How do you handle the following hurtful words…

  • Would it make a difference of who said it to you?

  • A spouse, a friend, a family member or your adult child?

 





‘You have nothing of value, what do you expect us to do with your things when you die, take it to goodwill or a dumpster?’

  • This statement shocked me to my core, was a very painful thing to hear. Not only is it disrespectful, but it is also dismissive and cutting. I don’t need to justify my worth or my life through possessions. Nor do I deserve to be criticized for my belongings.

 

‘You are so self-centered cause you do your hair and make-up every day. What kind of role model do you think you are for your grandkids?’

  • Doing my hair and makeup is part of how I show up for the day. It is my self-care. It doesn’t make me self-centered, and it doesn’t diminish my role as a grandmother.

 

‘You were never a good mother; you have always been a perpetual teenager.’

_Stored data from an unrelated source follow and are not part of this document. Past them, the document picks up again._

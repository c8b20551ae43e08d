-- ===== src/Gateway/Fallback/Classes.antt =====
-- How the text of an exception decides its failure class.
use agent_studio.Base.{
  ℕ, ◌≡◌, ◌≢◌, refl, Bool, true, false, ◌||◌, List, [], ◌∷◌, arith, Bool-cases, inl, inr,
}
use agent_studio.Base.Eq.{nat_eq, list_eq, elem, list_beq, elem-nil, elem-cons, list_beq_iff}
use agent_studio.Base.Text.{Text, lower, lower_char, contains, contains_any}
use agent_studio.Gateway.Chain.{general, context_window}
use agent_studio.Gateway.Fallback.{
  context_window_markers, content_policy_markers, classify_failure, is_overflow_failure,
}

lower_char-lower_char : (c : ℕ) → lower_char (lower_char c) ≡ lower_char c
unfolding lower_char
lower_char-lower_char c = ground arith

lower-lower : (s : Text) → lower (lower s) ≡ lower s
unfolding lower
lower-lower [] = refl
lower-lower (c ∷ s) = ground (arith, lower_char-lower_char c, lower-lower s)

any_step :
    (here rest this : Bool)
    → (here ≡ true → this ≡ true)
    → (rest ≡ true → this ≡ true)
    → (here || rest) ≡ true
    → this ≡ true
any_step true rest this f g h = f refl
any_step false rest this f g h = g h

or_left : (a b : Bool) → a ≡ true → (a || b) ≡ true
or_left true b h = refl
or_left false b h = absurd (cc h)

or_right : (a : Bool) {b : Bool} → b ≡ true → (a || b) ≡ true
or_right true h = refl
or_right false h = h

contains_any_of :
    (m text : Text) (markers : List Text)
    → elem m markers ≡ true
    → contains m text ≡ true
    → contains_any markers text ≡ true
unfolding contains_any
contains_any_of m text [] h k = absurd (cc (elem-nil m, h))
contains_any_of m text (x ∷ xs) h k =
    any_step (list_beq x m) (elem m xs) (contains_any (x ∷ xs) text)
      (λ same. or_left (contains x text) _ (rw ((list_beq_iff x m).0 same) k))
      (λ there. or_right (contains x text) (contains_any_of m text xs there k)) (rw elem-cons at h)

same_class : (message : Text) → classify_failure (lower message) ≡ classify_failure message
unfolding classify_failure
same_class message = rw (lower-lower message) refl

overflow :
    (message : Text)
    → contains_any context_window_markers (lower message) ≡ true
    → classify_failure message ≡ context_window
unfolding classify_failure
overflow message h = rw h refl

not_general :
    (message : Text)
    → contains_any content_policy_markers (lower message) ≡ true
    → classify_failure message ≢ general
unfolding classify_failure
not_general message h g = elim (Bool-cases (contains_any context_window_markers (lower message))) [
  | inl p ↦ cc (rw p at g)
  | inr p ↦ cc (rw h at (rw p at g))
]

overflow_test :
    (message : Text)
    → is_overflow_failure message ≡ contains_any context_window_markers (lower message)
unfolding is_overflow_failure
overflow_test message = elim (Bool-cases (contains_any context_window_markers (lower message))) [
  | inl p ↦ rw p refl
  | inr p ↦ rw p elim (Bool-cases (contains_any content_policy_markers (lower message))) [
    | inl q ↦ rw q refl
    | inr q ↦ rw q refl
  ]
]

-- The class depends on the message up to the case of its letters. A message that holds a marker of
-- a context overflow is one, whatever else it holds; one that holds a marker of a refusal and none
-- of an overflow is a refusal; and only a message that holds no marker is a general failure.
pub classify_failure-markers :
    (message m : Text)
    → (classify_failure (lower message) ≡ classify_failure message)
      × (elem m context_window_markers ≡ true
          → contains m (lower message) ≡ true
          → classify_failure message ≡ context_window)
      × (elem m content_policy_markers ≡ true
          → contains m (lower message) ≡ true
          → classify_failure message ≢ general)
      × (is_overflow_failure message ≡ contains_any context_window_markers (lower message))
classify_failure-markers message m = (
  same_class message,
  λ h k. overflow message (contains_any_of m (lower message) context_window_markers h k),
  λ h k g. not_general message (contains_any_of m (lower message) content_policy_markers h k) g,
  overflow_test message,
)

A “perpetual teenager” does not:

  1. Become a licensed therapeutic foster parent for six years

  2. Complete 1,000’s of hours of training

  3. Show up daily for other people’s children

  4. Work 12 years inside their child’s school

That statement was to undermine my identity, my history, and my work as a mother. It’s especially cruel because it erases my years of care, presence, and service. People who feel unresolved pain sometimes cope by devaluing a parent entirely, turning complexity into a single, harsh narrative. Them saying it, doesn’t make it true. It makes it simpler for them to carry their own hurt. That description doesn’t fit my life.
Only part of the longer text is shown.